La 300d+ max, c'est plus qu'un concept de forumeur skipasseurs, c'est une philosophie de vie.
C'est décréter que ce qui compte c'est avant tout la descente, de dénivelé ou de godet.
C'est privilégier l'amitié à la taille du domaine.
C'est en plus, ne pas respecter ces règles, faire du grand ski et de la rando même si personne ne l'avoue publiquement.
En 2026, nous avons célébré la 5ème édition de ce rassemblement mythique, qui se prépare chaque année pendant 12 mois d'échanges de messages privés skipass (v2).
Cette édition restera dans les annales, en comptant bien les "n".
Après avoir passé 5 ans à nous saouler avec sa "meilleure station du monde de la terre", le poulaient avait fini par nous convaincre d'aller visiter Puy Saint Vincent.
Nous poserons donc nos valises a Vallouise, c'est décidé, le dernier weekend de janvier comme le veut la tradition.
Après avoir chacun sélectionné sa bonne sous-partie du quiver, la petite troupe d'une trentaine de riders acharnés fait route vers la terre promise.
Et route il y a, car la 300d ratisse large : côte atlantique, sud ouest, garrigue, et même, si, si, on les accueille, des Suisses, des Belges et des mélanges des deux ! (Je vous dit pas le résultat !)
Le pèlerinage vers Vallouise étant long et périlleux, des stratégies s'installent, certains anticipant les premiers jours sur place (les coquins), d'autres faisant des étapes.
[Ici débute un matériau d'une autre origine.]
-- ===== src/Math/Liquidity/Exact.antt =====
-- `add_liquidity_delta` against addition of integers.
use elysium_dex.Base.{ℕ, ◌<◌, ◌≡◌, Bool, true, false, arith, ltb, if◌then◌else◌}
use elysium_dex.Base.Int.{ℤ, pos, negsuc, negate, ◌+ℤ◌}
use elysium_dex.Base.Words.{u128_mod, i128_max, Fits, neg_i128}
use elysium_dex.Errors.{
  Result, ok, err, ◌>>=◌, liquidity_overflow, liquidity_underflow, liquidity_too_high,
}
use elysium_dex.Math.Liquidity.{add_liquidity_delta, abs_u128, convert_to_liquidity_delta}

-- The outcome that an integer stands for: a `u128`, or which of its two bounds it breaks.
abbrev pub into_liquidity : ℤ → Result ℕ
into_liquidity (pos n) = if ltb n u128_mod then ok n else err liquidity_overflow
into_liquidity (negsuc n) = err liquidity_underflow

-- For a `u128` and an `i128`, the result is the exact sum where a `u128` holds it; a sum that is
-- too large or negative is told apart by its error.
pub add_liquidity_delta-eq-add :
    (liquidity : ℕ) (delta : ℤ)
    → liquidity < u128_mod
    → Fits i128_max delta
    → add_liquidity_delta liquidity delta ≡ into_liquidity (pos liquidity +ℤ delta)
unfolding add_liquidity_delta abs_u128 ◌+ℤ◌
add_liquidity_delta-eq-add l (pos n) hl hd = ground arith
add_liquidity_delta-eq-add l (negsuc n) hl hd = ground arith

-- Where adding a delta succeeds, taking it off again restores the liquidity, for a `u128` liquidity
-- and an `i128` delta that can be negated.
pub add_liquidity_delta_undo :
    (liquidity : ℕ) (delta : ℤ) {r : ℕ}
    → liquidity < u128_mod
    → Fits i128_max delta
    → Fits i128_max (negate delta)
    → add_liquidity_delta liquidity delta ≡ ok r
    → add_liquidity_delta r (negate delta) ≡ ok liquidity
unfolding add_liquidity_delta abs_u128
add_liquidity_delta_undo l (pos n) hl hd hn e = ground arith
add_liquidity_delta_undo l (negsuc n) hl hd hn e = ground arith

-- For a liquidity that is a `u128`, a converted amount is added to it or taken off it as it is,
-- with the overflow and the underflow told apart, and only an amount above `i128::MAX` is not
-- converted.
pub convert-add_liquidity_delta :
    (liquidity amount : ℕ) (positive : Bool)
    → liquidity < u128_mod
    → (convert_to_liquidity_delta amount positive >>= add_liquidity_delta liquidity) ≡ (
        if ltb i128_max amount
        then err liquidity_too_high
        else if positive
        then into_liquidity (pos liquidity +ℤ pos amount)
        else into_liquidity (pos liquidity +ℤ negate (pos amount)))
unfolding convert_to_liquidity_delta add_liquidity_delta abs_u128 ◌+ℤ◌ neg_i128
convert-add_liquidity_delta l a true hl = ground arith
convert-add_liquidity_delta l a false hl = ground arith
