-- ===== src/Base/Loops.antt =====
-- Counted loops: `for (k = i; k < i + n; k++) s = body k s`, on the rounds left.
use Prim.Native.Nat.{ℕ, zero, suc, ◌+◌, ◌<◌}
use mathlib.Core.Path.{◌≡◌}
use native.Mathlib.Omega.{arith}

unfoldable pub for_range {ℓ} : {S : Type ℓ} → ℕ → ℕ → (ℕ → S → S) → S → S
for_range zero at step state = state
for_range (suc left) at step state = for_range left (at + 1) step (step at state)

-- What every round keeps holds at the end, `last`, which is a variable, since `at + 0` is stuck.
pub for_range_inv {ℓ κ} :
    {S : Type ℓ} (Inv : ℕ → S → Type κ) (step : ℕ → S → S) (left at last : ℕ) (state : S)
    → ((k : ℕ) (t : S) → k < last → Inv k t → Inv (k + 1) (step k t))
    → at + left ≡ last
    → Inv at state
    → Inv last (for_range left at step state)
unfolding for_range
for_range_inv Inv step zero at last state keep ends start =
    let done : at ≡ last = omega arith in rw (← done) start
for_range_inv Inv step (suc left) at last state keep ends start =
    for_range_inv Inv step left (at + 1) last (step at state) keep (omega arith)
      (keep at state (omega arith) start)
Ça sera mon cas avec un vendredi à La Grave, qui bizzarement se trouvait sur mon chemin ! Et quand tu passes devant la grille du Paradis, tu y pointes les spatules...
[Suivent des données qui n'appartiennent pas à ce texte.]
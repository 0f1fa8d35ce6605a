-- ===== src/Base/Text.antt =====
-- Texts written out in the sources, as lists of bytes.
use Prim.Native.Char.{code}
use Prim.Native.Nat.{ℕ, zero, suc}
use Prim.Native.String.{String}
use mathlib.Core.List.{List, [], ◌∷◌}

-- The bytes of a text of ASCII characters.
abbrev pub codes : String → List ℕ
codes String.[] = []
codes (String.◌∷◌ c s) = code c ∷ codes s

-- `n` of the horizontal lines that the texts of the shell are underlined with, in UTF-8.
abbrev pub rule : ℕ → List ℕ
rule zero = []
rule (suc n) = 226 ∷ 148 ∷ 128 ∷ rule n

infixl 4 ◌|>◌
abbrev pub ◌|>◌ : {A B : Type 0} → A → (A → B) → B
x |> f = f x
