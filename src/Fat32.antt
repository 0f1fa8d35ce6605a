-- ===== src/Fat32.antt =====
-- kernel/fat32.c: the state of the mounted file system, the sectors, the table of clusters (FAT)
-- and what it allocates and frees. The disk is a parameter: a read gives whether it worked and the
-- buffer after it. Fat32/Disk.antt says what a disk that works does.
pub mod Names
pub mod Entries
pub mod Nodes
pub mod Scan
pub mod Files
pub mod Tree
pub mod Disk
pub mod Device
pub mod Table
pub mod Alloc
pub mod Chain
mod Tests
use lons_os.Base.{
  ℕ, zero, suc, ◌+◌, ◌-◌, ◌*◌, ◌/◌, ◌%◌, ◌^◌, Bool, true, false, not, ◌&&◌, ◌||◌, Option, none,
  some, ltb, leb, ◌==◌, if◌then◌else◌,
}
use lons_os.Base.Loops.{for_range}
use lons_os.Machine.{u32}
use lons_os.Machine.Bytes.{Buffer, le32, put32, fill_bytes}

-- `ata_read_sectors(lba, 1, g_sect_buf)` and `ata_write_sectors(lba, 1, g_sect_buf)`.
pub record BlockDevice (D : Type 0) : Type 0 where
  pub read : ℕ → Buffer → D → (Bool × Buffer) × D
  pub write : ℕ → Buffer → D → Bool × D

-- The fields of `g_fat32`.
pub record Geometry : Type 0 where
  pub fat_lba : ℕ
  pub data_lba : ℕ
  pub root_cluster : ℕ
  pub sectors_per_clus : ℕ
  pub bytes_per_clus : ℕ
  pub total_clusters : ℕ
  pub mounted : ℕ

-- `g_fat32`, `g_sect_buf` and the disk.
pub record Fat (D : Type 0) : Type 0 where
  pub geometry : Geometry
  pub sect_buf : Buffer
  pub disk : D

abbrev pub fat_free : ℕ
fat_free = 0

-- What a masked entry of a last cluster holds.
abbrev pub end_of_chain : ℕ
end_of_chain = 0x0FFFFFFF

abbrev pub fat_bad : ℕ
fat_bad = 0x0FFFFFF7

abbrev pub fat_eoc : ℕ
fat_eoc = 0x0FFFFFF8

-- `cluster >= 2 && cluster < 0x0FFFFFF7`
abbrev pub in_chain : ℕ → Bool
in_chain cluster = leb 2 cluster && ltb cluster fat_bad

-- `data_lba + (cluster - 2) * sectors_per_clus` in 32 bits.
unfoldable pub cluster_to_lba : ℕ → Geometry → ℕ
cluster_to_lba cluster g = u32 (g.data_lba + u32 (u32 (cluster + 2 ^ 32 - 2) * g.sectors_per_clus))

-- The sector and the byte of a cluster's entry.
abbrev pub entry_sector : ℕ → Geometry → ℕ
entry_sector cluster g = u32 (g.fat_lba + u32 (cluster * 4) / 512)

abbrev pub entry_byte : ℕ → ℕ
entry_byte cluster = u32 (cluster * 4) % 512

module _ {D : Type 0} (dev : BlockDevice D) where
  unfoldable pub read_sector : ℕ → Fat D → Bool × Fat D
  read_sector lba s =
      let ((ok, buf), d) = dev.read lba s.sect_buf s.disk in
      (ok, record s { sect_buf = buf; disk = d })

  unfoldable pub write_sector : ℕ → Fat D → Bool × Fat D
  write_sector lba s = let (ok, d) = dev.write lba s.sect_buf s.disk in (ok, record s { disk = d })

  unfoldable pub fat_get : ℕ → Fat D → ℕ × Fat D
  fat_get cluster s =
      let (ok, t) = read_sector (entry_sector cluster s.geometry) s in
      (if ok then le32 t.sect_buf (entry_byte cluster) % 2 ^ 28 else end_of_chain, t)

  -- `(existing & 0xF0000000) | (value & 0x0FFFFFFF)` has no bit in common: it is a sum.
  unfoldable pub fat_set : ℕ → ℕ → Fat D → Fat D
  fat_set cluster value s =
      let sector = entry_sector cluster s.geometry in
      let at = entry_byte cluster in
      let (ok, t) = read_sector sector s in
      let existing = le32 t.sect_buf at in
      let new_entry = existing - existing % 2 ^ 28 + value % 2 ^ 28 in
      let (done, u) = write_sector sector (record t { sect_buf = put32 at new_entry t.sect_buf }) in
      if ok then u else t

  -- The zeros that `fat_alloc` writes to a cluster.
  unfoldable pub clear_cluster : ℕ → Fat D → Fat D
  clear_cluster cluster s =
      let lba = cluster_to_lba cluster s.geometry in
      for_range s.geometry.sectors_per_clus 0 (λ i t. (write_sector (u32 (lba + i)) t).1)
        (record s { sect_buf = fill_bytes 0 512 0 s.sect_buf })

  -- What `fat_alloc` does with a free cluster.
  unfoldable pub take_cluster : ℕ → Fat D → Fat D
  take_cluster cluster s = clear_cluster cluster (fat_set cluster end_of_chain s)

  -- The scan of `fat_alloc` from cluster `c` on, `n` to go.
  unfoldable pub alloc_from : ℕ → ℕ → Fat D → ℕ × Fat D
  alloc_from zero c s = (0, s)
  alloc_from (suc n) c s =
      let (entry, t) = fat_get c s in
      let rest = alloc_from n (c + 1) t in if entry == fat_free then (c, take_cluster c t) else rest

  -- `total_clusters + 2` is a 32-bit sum.
  unfoldable pub fat_alloc : Fat D → ℕ × Fat D
  fat_alloc s = alloc_from (u32 (s.geometry.total_clusters + 2) - 2) 2 s

  -- `none` is for fuel that runs out.
  unfoldable pub fat_free_chain : ℕ → ℕ → Fat D → Option (Fat D)
  fat_free_chain zero cluster s = none
  fat_free_chain (suc fuel) cluster s =
      let (next, t) = fat_get cluster s in
      let rest = fat_free_chain fuel next (fat_set cluster fat_free t) in
      if in_chain cluster then rest else some s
Lieu mythique mi-raisin, La Grave est ce doux mélange de ski bum dont les neurones sont restées scotché à 3500 en 2000, et de la start-up nation qui se paye du bon temps facturé au juste daily rate.
J'y retrouvé mon Saint-Pierre-guide local, spécialiste de l'appui languette et du titanal, pour une session quasi seuls sur le domaine, entre nuages et éclaircies, vent et neige velours.
Le ski est toujours heureux sous les cabines colorées.
Au col du Lautaret, il neige. A Briançon, il neige.
La route est blanche, le bonheur m'attend après quelques virages.
À mon arrivée, l'apéro va déjà bon train dans cette auberge espagnole de Vallouise (les italiens n'ont pas dû arriver jusque là), et la soirée est bien trop courte pour que je refasse le monde avec chacun ! (heureusement, il y aura une v6, en ligne...).
Au lever, certains ont les cheveux qui poussent à l'envers, d'autres sont encore abattus par la défaite bien trop amère à la molle, spécialité sportive 300d+ compatible.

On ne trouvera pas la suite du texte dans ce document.